1.2. JEAN PIAGET (1896–1980)

Jean Piaget was born in Switzerland in 1896 and was known as a psychologist who focussed on child development. His cognitive theory of learning developed after a long period of study on biological species, their classification, and how they adapt to different situations in nature (Harris, 1997). Piaget associated the development of species with the adaptation of human intelligence by claiming that the ways in which organisms interact with their environment lead to ever more successful adaptation in the future. He is also known as one of the earliest and most cogent researchers who initiated the controversy surrounding the psychometric and behaviourist approaches to intelligence, claiming that society can influence human intelligence (Feuerstein, Feuerstein, Falik, & Rand, 2006). Moreover, Piaget claimed that one of the reasons for the lack of understanding of the meaning of cognition, thinking and intelligence was the narrow approach researchers had based their theories on.
Piaget developed and defined a learning model based on direct exposure to and interaction with the environment. The model symbolises the process in which direct stimuli reach an organism (learner), and the organism is expected to respond accordingly. This structure of learning is the basis for changes within the learners’ cognitive processes, due to the variety of stimuli they interact with and their responses. Nevertheless, the intent of the environment to provide stimuli is not enough, since learners must be amenable to absorb the stimuli and learn from them.
Therefore, the more interaction one has with the environment the better cognitive skills one has to adapt to new situations. While referring specifically to cognitive development, Piaget suggested that learning is a process of adaptation in which leaners seek equilibrium by integrating new information into existing structured knowledge, and create possibilities for new structured information by comparing new and existing information (Willis, 2007).
Although Piaget disagreed with those who claimed intelligence was fixed at birth, and although he encouraged creating opportunities to practice learning and improve cognitive skills, he also claimed that intelligence developed in blocks according to specific stages.
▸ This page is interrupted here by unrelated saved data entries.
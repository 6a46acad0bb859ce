-- ===== src/Transaction/Visible.antt =====
-- What a transaction shows to its reader, and that `Commit` stores exactly that.
use f4kvs_ffi.Prelude.{
  Bytes, true, false, Option, none, some, List, [], ◌∷◌, ◌≡◌, refl, ◌==◌, if◌then◌else◌, bytes_eq,
  Assoc, Distinct, lookup, lookup-insert, length, ltb-suc, arith,
}
use f4kvs_ffi.Prelude.Exec.{ok}
use f4kvs_ffi.Ffi.Text.{has_nul}
use f4kvs_ffi.Ffi.Lsm.{Lsm, LsmLaws}
use f4kvs_ffi.Engine.{batch_put_bytes, batch_delete, commit_batch_put, commit_batch_delete}
use f4kvs_ffi.Engine.Stored.{stored, Fits, Reads, get_bytes-Reads}
use f4kvs_ffi.Engine.Batch.{KeysClean, batch_put_bytes-stored, batch_delete-stored}
use f4kvs_ffi.Transaction.{
  TxnOp, TxnOpKind, op_put, op_delete, Transaction, entries, on_engine, split_ops, put_bytes,
  delete, get_bytes, commit, commit_puts, commit_deletes,
}
use f4kvs_ffi.Transaction.Split.{
  lookup-split_ops, contains-split_ops, split_ops-Distinct, split_ops-Clean,
}

abbrev pub shown : TxnOpKind → Bytes → Option Bytes
shown op_put value = some value
shown op_delete value = none

-- A staged operation hides what the engine holds.
abbrev pub overlay : Option TxnOp → Option Bytes → Option Bytes
overlay none old = old
overlay (some op) old = shown op.kind op.value

module _ {S : Type 0} {lsm : Lsm S} (laws : LsmLaws S lsm) where
  abbrev pub visible : Transaction S → Bytes → Option Bytes
  visible t j = overlay (lookup j (entries t.ops)) (stored laws t.engine j)

abbrev pub IsActive : {S : Type 0} → Transaction S → Type 0
IsActive t = (t.committed ≡ false) × (t.rolled_back ≡ false)

module _ {S : Type 0} ⦃lsm : Lsm S⦄ where
  -- The tests on `len` in `Commit` skip only batches that do nothing.
  pub commit_puts-eq :
      (puts : Assoc Bytes Bytes) (t : Transaction S)
      → commit_puts puts t ≡ on_engine commit_batch_put (batch_put_bytes puts) t
  unfolding commit_puts batch_put_bytes
  commit_puts-eq [] t = refl
  commit_puts-eq (x ∷ xs) t = rw (ltb-suc (length xs))

  pub commit_deletes-eq :
      (ks : List Bytes) (t : Transaction S)
      → commit_deletes ks t ≡ on_engine commit_batch_delete (batch_delete ks) t
  unfolding commit_deletes batch_delete
  commit_deletes-eq [] t = refl
  commit_deletes-eq (k ∷ ks) t = rw (ltb-suc (length ks))

module _ {S : Type 0} ⦃lsm : Lsm S⦄ (laws : LsmLaws S lsm) where
  -- A read in an active transaction tells what is visible (a value, or `ErrNotFound` where there is
  -- none) or fails with another error. What the engine holds there is shorter than 2^31 bytes.
  pub get_bytes-visible :
      (key : Bytes) (t : Transaction S)
      → IsActive t
      → Fits (stored laws t.engine key)
      → Reads (visible laws t key) (get_bytes key t).0
  unfolding get_bytes
  get_bytes-visible key t a f = ground (arith, get_bytes-Reads laws key t.engine f)

  -- In an active transaction a staged put is visible under its key at once, other keys are as
  -- before, and the engine is not touched.
  pub put_bytes-visible :
      (key value j : Bytes) (t : Transaction S)
      → IsActive t
      → (visible laws (put_bytes key value t).1 j
          ≡ (if key == j then some value else visible laws t j))
        × ((put_bytes key value t).1.engine ≡ t.engine)
  unfolding put_bytes
  put_bytes-visible key value j t a =
      ground (arith, lookup-insert key j (record { kind = op_put; value = value }) (entries t.ops))

  -- In an active transaction, after a staged delete, nothing is visible under its key, other keys
  -- are as before, and the engine is not touched.
  pub delete-visible :
      (key j : Bytes) (t : Transaction S)
      → IsActive t
      → (visible laws (delete key t).1 j ≡ (if key == j then none else visible laws t j))
        × ((delete key t).1.engine ≡ t.engine)
  unfolding delete
  delete-visible key j t a =
      ground (arith, lookup-insert key j (record { kind = op_delete; value = [] }) (entries t.ops))

  -- The two calls of a commit that went through.
  record Committed (puts : Assoc Bytes Bytes) (ks : List Bytes) (t t' : Transaction S)
      : Type 0 where
    put_ok : (batch_put_bytes puts t.engine).0 ≡ ok tt
    delete_ok : (batch_delete ks (batch_put_bytes puts t.engine).1).0 ≡ ok tt
    engine_eq : t'.engine ≡ (batch_delete ks (batch_put_bytes puts t.engine).1).1
    done : (t'.committed ≡ true) × (t'.ops ≡ none)

  commit-Committed :
      (t : Transaction S)
      → (commit t).0 ≡ ok tt
      → Committed
          (split_ops (entries t.ops) [] []).0
          (split_ops (entries t.ops) [] []).1
          t
          (commit t).1
  unfolding commit
  commit-Committed t h =
      let puts = (split_ops (entries t.ops) [] []).0 in
      let ks = (split_ops (entries t.ops) [] []).1 in
      ground (
        arith,
        commit_puts-eq puts t,
        commit_deletes-eq ks (record t { engine = (batch_put_bytes puts t.engine).1 }),
      )

  -- After a commit that succeeds the engine holds under every key what the transaction showed
  -- there before, and the transaction is committed with nothing staged. Keys are without a NUL.
  pub commit-stored :
      (t : Transaction S) (j : Bytes)
      → KeysClean (entries t.ops)
      → Distinct (entries t.ops)
      → has_nul j ≡ false
      → (commit t).0 ≡ ok tt
      → (stored laws (commit t).1.engine j ≡ visible laws t j)
        × ((commit t).1.committed ≡ true)
        × ((commit t).1.ops ≡ none)
  commit-stored t j clean distinct n h =
      let ops = entries t.ops in
      let puts = (split_ops ops [] []).0 in
      let ks = (split_ops ops [] []).1 in
      let e = (batch_put_bytes puts t.engine).1 in
      let w = commit-Committed t h in
      let both = split_ops-Clean ops [] [] clean (tt, tt) in
      let put =
        batch_put_bytes-stored laws puts j t.engine both.0 (split_ops-Distinct ops [] [] tt) n
          w.put_ok in
      let del = batch_delete-stored laws ks j e both.1 n w.delete_ok in
      ground (
        arith,
        w,
        put,
        del,
        lookup-split_ops ops [] [] j distinct,
        contains-split_ops ops [] [] j distinct,
      )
Piaget defined three main stages he believed all humans undergo as cognition and intelligence develop. Piaget emphasised that the order of the stages is crucial, and one cannot skip a stage and go back to it later in life. The basic stage of thinking is characterised by preoperational activities based mainly on the evaluation of sensorimotor development and in which visual symbols are used. The importance of this stage as presented in learning processes is that the children experience learning by imitating their environment. The cyclical reactions evolving from repetitive interactions with objects, events and people are refined and modified through these activities and therefore the environment is responsible for the broadening of learning schema from birth (Feuerstein et al., 2006). Following the sensorimotor period is the concrete stage in which children learn how to generalise actions, differentiate between past and present, and learn how to operate simple physical objects. The third stage is formal thinking through which one can form hypotheses, solve problems, deal with abstract ideas, and develop logical reasoning (White, 2006). Although the organised logic and processes described through the stages are clear, Piaget claimed that the differences between leaners of the same age may result from different opportunities society allows them to experience. Thus, thinking develops according to a clear path but at a different pace.
The influence of social interactions on one’s thinking development is also expressed in Piaget’s explanation of human intelligence. Piaget (1947/2001) claimed that the nature of intelligence is based on the integration of biological and logical processes, along with the social interactions one experiences. Nevertheless, not all social interactions are effective enough to influence cognitive development. To conduct an effective interaction, it has to be planned and structured along with proper energetics to implement the process (Piaget, 1966/2000).
Piaget’s approach towards thinking development and the role of society in one’s development was derived from his studies in biology. Nevertheless, when questioning the process of human thinking development he considered the role of society to be a significant factor. As mentioned, Piaget defined three critical stages in cognitive development based on biological and neurological developments. However, these stages are only the basis and the role of society from birth is to provide proper possibilities to develop from there on. Within his theory, Piaget criticised the overemphasis of psychoanalysis on the aspects of thinking processes, and claimed that the essence of intelligence lies in its active constructions by the individual. As Piaget phrased the interactions between all factors:
Society … changes the very structure of the individual … it not only compels him to recognize facts … modify his thoughts … it imposes on him an infinite series of obligations. It is therefore quite evident that social life affects intelligence. (Piaget, 1947/2001, p. 171)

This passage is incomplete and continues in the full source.